Studies show that most people would rather guzzle dirty bath water than write a synopsis. Granted, the studies were conducted in my living room and I was the only participant, but I stand by it, nevertheless. The idea of the synopsis is to cram an entire 80-100k story into a single page. The main characters should be introduced, major plot points hit, and the ending revealed. I can’t make it sound any more palatable than the horror that it is. Good luck with this aberration of all that is good.
Polish your sample pages until they gleam like moonlight on a oilslicked lake. You get the point. You are putting your best foot forward. Make sure you wear nice shoes.
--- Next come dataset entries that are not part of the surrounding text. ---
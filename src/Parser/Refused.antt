-- ===== src/Parser/Refused.antt =====
-- A question about customers that no intent fits is framed as a query that the contract refuses.
use permission_aware_search.Common.{
  ◌==◌, if◌then◌else◌, ◌>>=◌, Result, ok, err, String, ◌≡◌, refl, sym, ap, ◌∙◌, subst, ◌≢◌, Option,
  some, List,
}
use permission_aware_search.Contracts.{normalize_field_name, validate_field}
use permission_aware_search.Schema.Registry.{Registry}
use permission_aware_search.Schema.Ecommerce.{ecommerce_registry}
use permission_aware_search.Store.{Filter, Page, QueryDsl}
use permission_aware_search.Search.{
  normalize_filters, normalize_query, validate_filters, validate_query,
}
use permission_aware_search.Parser.{Setting}
use permission_aware_search.Parser.Lookups.{created_at_field}
use permission_aware_search.Parser.Parse.{parse_natural_language}
use permission_aware_search.Parser.Parsed.{parse_natural_language-IsParse}

abbrev pub shop : Option Registry
shop = some ecommerce_registry

customer_sort : created_at_field shop "customer" ≡ "customer.created_at"
unfolding created_at_field ecommerce_registry
customer_sort = refl

kept_sort : normalize_field_name shop "customer" "customer.created_at" ≡ "customer.created_at"
unfolding normalize_field_name ecommerce_registry
kept_sort = refl

pub refused_sort :
    validate_field shop "customer" "v2" "default" "customer.created_at"
    ≡ err "FIELD_NOT_ALLOWED: customer.created_at"
unfolding validate_field ecommerce_registry
refused_sort = refl

bind-ne-ok :
    {W : Type 0} (first : Result (Unit {0})) (next : Unit {0} → Result W) (w : W) (message : String)
    → next tt ≡ err message
    → (first >>= next) ≢ ok w
bind-ne-ok (ok x) next w message h e = let same : next tt ≡ ok w = e in cc (h, same)
bind-ne-ok (err m) next w message h e = cc

abbrev shape : List Filter → String → Page → QueryDsl
shape filters dir page = record {
  contract_version = "v2";
  intent_category = "default";
  filters = filters;
  sort = record { field = "customer.created_at"; dir = dir };
  page = page;
}

refused-shape :
    (filters : List Filter) (dir : String) (page : Page)
    → validate_query shop "customer" (normalize_query shop "customer" (shape filters dir page))
      ≢ ok tt
unfolding validate_query normalize_query
refused-shape filters dir page =
    let name = normalize_field_name shop "customer" "customer.created_at" in
    bind-ne-ok
      (validate_filters shop "customer" "v2" "default" (normalize_filters shop "customer" filters))
      (λ _. if name == "" then ok tt else validate_field shop "customer" "v2" "default" name) tt
      "FIELD_NOT_ALLOWED: customer.created_at" (rw kept_sort refused_sort)

-- With the e-commerce schema and the contract version `v2` a message that is framed as a question about
-- customers with no particular intent has a query that `Search` refuses, whatever it asks: the field that it
-- is sorted by is not allowed under the default intent.
pub parse_natural_language-refused :
    (env : Setting) (message hint : String)
    → env.registry ≡ some ecommerce_registry
    → (parse_natural_language env message "v2" hint).resource_type ≡ "customer"
    → (parse_natural_language env message "v2" hint).intent_category ≡ "default"
    → let q = (parse_natural_language env message "v2" hint).query in
      validate_query
        (some ecommerce_registry)
        "customer"
        (normalize_query (some ecommerce_registry) "customer" q)
      ≢ ok tt
parse_natural_language-refused env message hint wired customer intent =
    let p = parse_natural_language env message "v2" hint in
    let ok' = parse_natural_language-IsParse env message "v2" hint in
    let sort : p.query.sort.field ≡ "customer.created_at" =
      ok'.sorted
      ∙ ap (created_at_field env.registry) customer
      ∙ ap (λ reg. created_at_field reg "customer") wired
      ∙ customer_sort in
    let category : p.query.intent_category ≡ "default" = ok'.same_intent ∙ intent in
    let version : p.query.contract_version ≡ "v2" = ok'.versioned in
    let same : shape p.query.filters p.query.sort.dir p.query.page ≡ p.query = λ i. record {
      contract_version = sym version i;
      intent_category = sym category i;
      filters = p.query.filters;
      sort = record { field = sym sort i; dir = p.query.sort.dir };
      page = p.query.page;
    } in
    subst (λ q. validate_query shop "customer" (normalize_query shop "customer" q) ≢ ok tt) same
      (refused-shape p.query.filters p.query.sort.dir p.query.page)
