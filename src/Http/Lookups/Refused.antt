-- ===== src/Http/Lookups/Refused.antt =====
-- A lookup that the contract refuses, and what becomes of the others of its plan.
use permission_aware_search.Common.{
  Result-cases, Result, ok, err, Member, String, ◌≡◌, refl, sym, ap, ◌∙◌, subst, inl, inr, true,
  some, List, [], ◌∷◌,
}
use permission_aware_search.Common.Int.{pos}
use permission_aware_search.Http.{Payload, GroupedMatch}
use permission_aware_search.Http.Lookups.{
  lookup_query, look_up, look_up_each, collect, try_identifier_fast_path,
}
use permission_aware_search.Search.{
  normalize_filters, normalize_query, validate_filters, validate_query, Service,
}
use permission_aware_search.Search.Filtering.{search}
use permission_aware_search.Identifier.{GroupSpec, ResolutionPlan}
use permission_aware_search.Json.{Value, str}
use permission_aware_search.Policy.{Subject}
use permission_aware_search.Store.{QueryDsl}
use permission_aware_search.Schema.Ecommerce.{ecommerce_registry}
use permission_aware_search.Contracts.{normalize_field_name, validate_field}
use permission_aware_search.Parser.Refused.{shop, refused_sort}

collect-failed :
    (results : List (Result GroupedMatch)) (e : String)
    → Member (err e) results
    → (message : String) × (collect results ≡ err message)
unfolding collect
collect-failed [] e m = elim m [ ]
collect-failed (err e' ∷ results) e m = (e', refl)
collect-failed (ok g ∷ results) e (inl same) = cc
collect-failed (ok g ∷ results) e (inr m) =
    let (message, failed) = collect-failed results e m in (message, rw failed refl)

module _ {S : Type 0} (service : Service S) (subject : Subject) (payload : Payload) where
  look_up-refused :
      (g : GroupSpec) (s : S) (e : String)
      → validate_query service.registry g.resource_type
          (normalize_query service.registry g.resource_type (lookup_query payload g))
        ≡ err e
      → (look_up service subject payload g s).0 ≡ err e
  unfolding look_up search
  look_up-refused g s e h = rw h refl

  look_up_each-refused :
      (g : GroupSpec) (groups : List GroupSpec) (s : S) (e : String)
      → Member g groups
      → validate_query service.registry g.resource_type
          (normalize_query service.registry g.resource_type (lookup_query payload g))
        ≡ err e
      → Member (err e) (look_up_each service subject payload groups s).0
  unfolding look_up_each
  look_up_each-refused g [] s e m h = elim m [ ]
  look_up_each-refused g (g' ∷ groups) s e (inl same) h =
      let s' = (look_up service subject payload g' s).1 in
      inl (ap (λ x. (look_up service subject payload x s).0) same ∙ look_up-refused g s e h)
  look_up_each-refused g (g' ∷ groups) s e (inr m) h =
      inr (look_up_each-refused g groups (look_up service subject payload g' s).1 e m h)

  -- One lookup whose query is not valid fails the whole plan, whatever the others find.
  try_identifier_fast_path-refused :
      (trace_id : String) (arrival : List GroupSpec → List GroupSpec) (plan : ResolutionPlan)
      (s : S) (g : GroupSpec) (e : String)
      → plan.should_use_fast_path ≡ true
      → Member g (arrival plan.groups)
      → validate_query service.registry g.resource_type
          (normalize_query service.registry g.resource_type (lookup_query payload g))
        ≡ err e
      → (message : String) × ((try_identifier_fast_path service subject payload trace_id arrival
            plan s).0
          ≡ err message)
  unfolding try_identifier_fast_path
  try_identifier_fast_path-refused trace_id arrival plan s g e fast m h =
      let results = (look_up_each service subject payload (arrival plan.groups) s).0 in
      let (message, failed) =
        collect-failed results e (look_up_each-refused g (arrival plan.groups) s e m h) in
      (message, rw (fast, failed) refl)

shop_sort : normalize_field_name shop "customer" "created_at" ≡ "customer.created_at"
unfolding normalize_field_name ecommerce_registry
shop_sort = refl

-- the query of a lookup of a customer, under the second version of the contract
abbrev customer_query : String → String → Value → QueryDsl
customer_query name op value = record {
  contract_version = "v2";
  intent_category = "default";
  filters = record { field = name; op = op; value = value } ∷ [];
  sort = record { field = "created_at"; dir = "desc" };
  page = record { limit = pos 20; cursor = "" };
}

customer_query-refused :
    (name op : String) (value : Value)
    → (e : String) × (validate_query shop "customer"
          (normalize_query shop "customer" (customer_query name op value))
        ≡ err e)
unfolding validate_query validate_filters normalize_query normalize_filters
customer_query-refused name op value =
    let name' = normalize_field_name shop "customer" name in
    elim (Result-cases (validate_field shop "customer" "v2" "default" name')) [
      | inl (x, allowed) ↦
          ("FIELD_NOT_ALLOWED: customer.created_at", rw (allowed, shop_sort, refused_sort) refl)
      | inr (e, not_allowed) ↦ (e, rw not_allowed refl)
    ]

customer_lookup-refused :
    (payload : Payload) (g : GroupSpec)
    → g.resource_type ≡ "customer"
    → payload.contract_version ≡ "v2"
    → (e : String) × (validate_query shop g.resource_type
          (normalize_query shop g.resource_type (lookup_query payload g))
        ≡ err e)
customer_lookup-refused payload g customer version =
    let (e, h) = customer_query-refused g.match_field g.operator (str g.value) in
    let same : customer_query g.match_field g.operator (str g.value) ≡ lookup_query payload g = λ i.
      record {
        contract_version = sym version i;
        intent_category = "default";
        filters = record { field = g.match_field; op = g.operator; value = str g.value } ∷ [];
        sort = record { field = "created_at"; dir = "desc" };
        page = record { limit = pos 20; cursor = "" };
      } in
    (
      e,
      subst (λ r. validate_query shop r (normalize_query shop r (lookup_query payload g)) ≡ err e)
          (sym customer)
          (subst (λ q. validate_query shop "customer" (normalize_query shop "customer" q) ≡ err e)
            same h),
    )

-- With the e-commerce schema and the contract version `v2`, the one that a payload without a version is given,
-- the fast path fails for every plan with a lookup of a customer, whatever the store, the policy and the order
-- of arrival: the lookups are sorted by the time of creation, which the contract does not allow for customers
-- under the default intent.
pub fast_path-refused :
    {S : Type 0} (service : Service S) (subject : Subject) (payload : Payload) (trace_id : String)
    (arrival : List GroupSpec → List GroupSpec) (plan : ResolutionPlan) (s : S) (g : GroupSpec)
    → service.registry ≡ some ecommerce_registry
    → payload.contract_version ≡ "v2"
    → plan.should_use_fast_path ≡ true
    → Member g (arrival plan.groups)
    → g.resource_type ≡ "customer"
    → (message : String) × ((try_identifier_fast_path service subject payload trace_id arrival plan
          s).0
        ≡ err message)
fast_path-refused service subject payload trace_id arrival plan s g wired version fast m customer =
    let (e, h) = customer_lookup-refused payload g customer version in
    try_identifier_fast_path-refused service subject payload trace_id arrival plan s g e fast m (
      subst
        (λ reg.
          validate_query reg g.resource_type
            (normalize_query reg g.resource_type (lookup_query payload g))
          ≡ err e)
        (sym wired) h)
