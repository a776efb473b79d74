-- ===== src/Semantic/Merged.antt =====
-- internal/semantic: what the merge of two analyzers' filters holds, and where it says each is from.
use permission_aware_search.Common.{
  ◌==◌, if◌then◌else◌, Bool-cases, Option-cases, any, mem, lookup, lookup-insert, String, ◌≡◌, refl,
  sym, ap, ◌∙◌, inl, inr, Bool, true, false, not, ◌&&◌, ◌||◌, Option, none, some, List, [], ◌∷◌,
  ◌++◌, arith, eq_iff, eq_refl,
}
use permission_aware_search.Store.{Filter}
use permission_aware_search.Semantic.{FilterSource}
use permission_aware_search.Semantic.Merging.{
  key_of, first_of_each, merge_filters, source_for_filters, add_source, add_sources, add_groups,
  known, source_of, label_filters, merge_filter_sources,
}

-- some member has the key
abbrev pub has_key : {A : Type 0} → (A → String) → String → List A → Bool
has_key key k xs = any (λ x. key x == k) xs

-- no two members have one key
abbrev pub Distinct : {A : Type 0} → (A → String) → List A → Type 0
Distinct key [] = Unit
Distinct key (x ∷ xs) = (has_key key (key x) xs ≡ false) × Distinct key xs

module _ {A : Type 0} (key : A → String) where
  pub has_key-first_of_each :
      (k : String) (xs : List A) (seen : List String)
      → has_key key k (first_of_each key xs seen) ≡ (has_key key k xs && not (mem k seen))
  unfolding first_of_each mem
  has_key-first_of_each k [] seen = refl
  has_key-first_of_each k (x ∷ xs) seen =
      let again = has_key-first_of_each k xs seen in
      let kept = has_key-first_of_each k xs (key x ∷ seen) in
      elim (Bool-cases (mem (key x) seen)) [
        | inl old ↦ elim (Bool-cases (key x == k)) [
          | inl here ↦
              let same = ap (λ s. mem s seen) ((eq_iff (key x) k).0 here) in
              let before : mem k seen ≡ true = sym same ∙ old in
              rw (old, here, before) (ground (arith, again))
          | inr other ↦ rw (old, other) again
        ]
        | inr new ↦ elim (Bool-cases (key x == k)) [
          | inl here ↦
              let same = ap (λ s. mem s seen) ((eq_iff (key x) k).0 here) in
              let before : mem k seen ≡ false = sym same ∙ new in rw (new, here, before) refl
          | inr other ↦ rw (new, other) (rw other at kept)
        ]
      ]

  pub first_of_each-Distinct :
      (xs : List A) (seen : List String) → Distinct key (first_of_each key xs seen)
  unfolding first_of_each mem
  first_of_each-Distinct [] seen = tt
  first_of_each-Distinct (x ∷ xs) seen =
      let kept = has_key-first_of_each (key x) xs (key x ∷ seen) in
      elim (Bool-cases (mem (key x) seen)) [
        | inl old ↦ rw old (first_of_each-Distinct xs seen)
        | inr new ↦ rw new (
          (rw (eq_refl (key x)) at kept) ∙ ground arith,
          first_of_each-Distinct xs (key x ∷ seen),
        )
      ]

has_key-append :
    (k : String) (a b : List Filter)
    → (has_key key_of k (a ++ b) && true) ≡ (has_key key_of k a || has_key key_of k b)
has_key-append k [] b = ground arith
has_key-append k (f ∷ a) b = ground (arith, has_key-append k a b)

-- `mergeFilters` drops repetitions and nothing else: no two filters of the result have one key of field,
-- operator and JSON value, and a key is there exactly if a filter of either list has it.
pub merge_filters_lem :
    (a b : List Filter)
    → Distinct key_of (merge_filters a b)
      × ((k : String)
          → has_key key_of k (merge_filters a b) ≡ (has_key key_of k a || has_key key_of k b))
unfolding merge_filters mem
merge_filters_lem a b = (
  first_of_each-Distinct key_of (a ++ b) [],
  λ k. has_key-first_of_each key_of k (a ++ b) [] ∙ has_key-append k a b,
)

-- the label of a key, after the filters of one more analyzer
abbrev labelled : Option String → Bool → String → Option String
labelled prior false source = prior
labelled none true source = some source
labelled (some first) true source = if first == source then some first else some "both"

lookup-add_source :
    (k key source : String) (sources : List (String × String))
    → lookup k (add_source key source sources) ≡ labelled (lookup k sources) (key == k) source
unfolding add_source
lookup-add_source k key source sources = elim (Option-cases (lookup key sources)) [
  | inl new ↦ elim (Bool-cases (key == k)) [
    | inl here ↦
        let there = sym (ap (λ s. lookup s sources) ((eq_iff key k).0 here)) ∙ new in
        rw (add_source, new, lookup-insert key k source sources, here, there) refl
    | inr other ↦ rw (add_source, new, lookup-insert key k source sources, other) refl
  ]
  | inr (prior, old) ↦ elim (Bool-cases (prior == source)) [
    | inl again ↦ elim (Bool-cases (key == k)) [
      | inl here ↦
          let there = sym (ap (λ s. lookup s sources) ((eq_iff key k).0 here)) ∙ old in
          rw (add_source, old, again, here, there) (rw again refl)
      | inr other ↦ rw (add_source, old, again, other) refl
    ]
    | inr second ↦ elim (Bool-cases (key == k)) [
      | inl here ↦
          let there = sym (ap (λ s. lookup s sources) ((eq_iff key k).0 here)) ∙ old in
          rw (add_source, old, second, lookup-insert key k "both" sources, here, there)
            (rw second refl)
      | inr other ↦ rw (add_source, old, second, lookup-insert key k "both" sources, other) refl
    ]
  ]
]

labelled-labelled :
    (o : Option String) (x y : Bool) (source : String)
    → labelled (labelled o x source) y source ≡ labelled o (x || y) source
labelled-labelled o false y source = refl
labelled-labelled none true false source = refl
labelled-labelled none true true source = rw (eq_refl source) refl
labelled-labelled (some first) true false source = refl
labelled-labelled (some first) true true source = elim (Bool-cases (first == source)) [
  | inl same ↦ rw (same, same) refl
  | inr other ↦ elim (Bool-cases ("both" == source)) [
    | inl both ↦ rw (other, both) refl
    | inr third ↦ rw (other, third) refl
  ]
]

lookup-add_sources :
    (k source : String) (filters : List Filter) (sources : List (String × String))
    → lookup k (add_sources (source_for_filters filters source) sources)
      ≡ labelled (lookup k sources) (has_key key_of k filters) source
unfolding add_sources source_for_filters
lookup-add_sources k source [] sources = refl
lookup-add_sources k source (f ∷ filters) sources =
    lookup-add_sources k source filters (add_source (key_of f) source sources)
    ∙ ap (λ o. labelled o (has_key key_of k filters) source)
        (lookup-add_source k (key_of f) source sources)
    ∙ labelled-labelled (lookup k sources) (key_of f == k) (has_key key_of k filters) source

known_lem :
    (x y : Bool)
    → known (labelled (labelled none x "slm-local") y "superlinked")
      ≡ (if x then (if y then "both" else "slm-local") else if y then "superlinked" else "unknown")
known_lem true true = refl
known_lem true false = refl
known_lem false true = refl
known_lem false false = refl

-- where a filter is from, by the analyzers' own filters
abbrev pub origin : List Filter → List Filter → Filter → String
origin a b f =
    if has_key key_of (key_of f) a
    then (if has_key key_of (key_of f) b then "both" else "slm-local")
    else if has_key key_of (key_of f) b
    then "superlinked"
    else "unknown"

abbrev pub with_origin : List Filter → List Filter → List Filter → List FilterSource
with_origin a b [] = []
with_origin a b (f ∷ merged) =
    record { field = f.field; op = f.op; value = f.value; source = origin a b f }
    ∷ with_origin a b merged

module _ (a b : List Filter) where
  abbrev both_groups : List (String × String)
  both_groups =
      add_groups (source_for_filters a "slm-local" ∷ source_for_filters b "superlinked" ∷ []) []

  source_of_lem : (f : Filter) → source_of both_groups f ≡ origin a b f
  unfolding lookup
  source_of_lem f =
      let first = lookup-add_sources (key_of f) "slm-local" a [] in
      let second =
        lookup-add_sources (key_of f) "superlinked" b
          (add_sources (source_for_filters a "slm-local") []) in
      let whole = second ∙ ap (λ o. labelled o (has_key key_of (key_of f) b) "superlinked") first in
      ap known whole ∙ known_lem (has_key key_of (key_of f) a) (has_key key_of (key_of f) b)

  -- The merge labels each filter of its result "both" if filters of both analyzers have its key, and with
  -- the one analyzer of which a filter has the key; "unknown" is left for filters of neither.
  pub merge_filter_sources_lem :
      (merged : List Filter)
      → merge_filter_sources merged
          (source_for_filters a "slm-local" ∷ source_for_filters b "superlinked" ∷ [])
        ≡ with_origin a b merged
  unfolding merge_filter_sources label_filters
  merge_filter_sources_lem [] = refl
  merge_filter_sources_lem (f ∷ merged) = cc (source_of_lem f, merge_filter_sources_lem merged)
How Many Agents Should You Query?
As a debut author, you will definitely want to send out multiple queries, but how many? Hopefully, doing your research gave you a plump stack of potential agents to query. The wise thing to do is to pick maybe 5 or so and send out your query to them first. When the replies start to come back, you will have a better idea of how well your query materials are being received. If you get no replies, for instance, you may need to rework your letter and/or sample pages.
If you hear nothing back, you can probably take that as a big fat rejection. When you get your first request for either a partial or full manuscript, you will have more information on how that manuscript reads. Look to the agent’s pages for an idea of how long you should wait to hear back from them before inserting a fork into your thyroid and moving on.
The bottom line is literally to query until you get an agent. Don’t stop believing, people.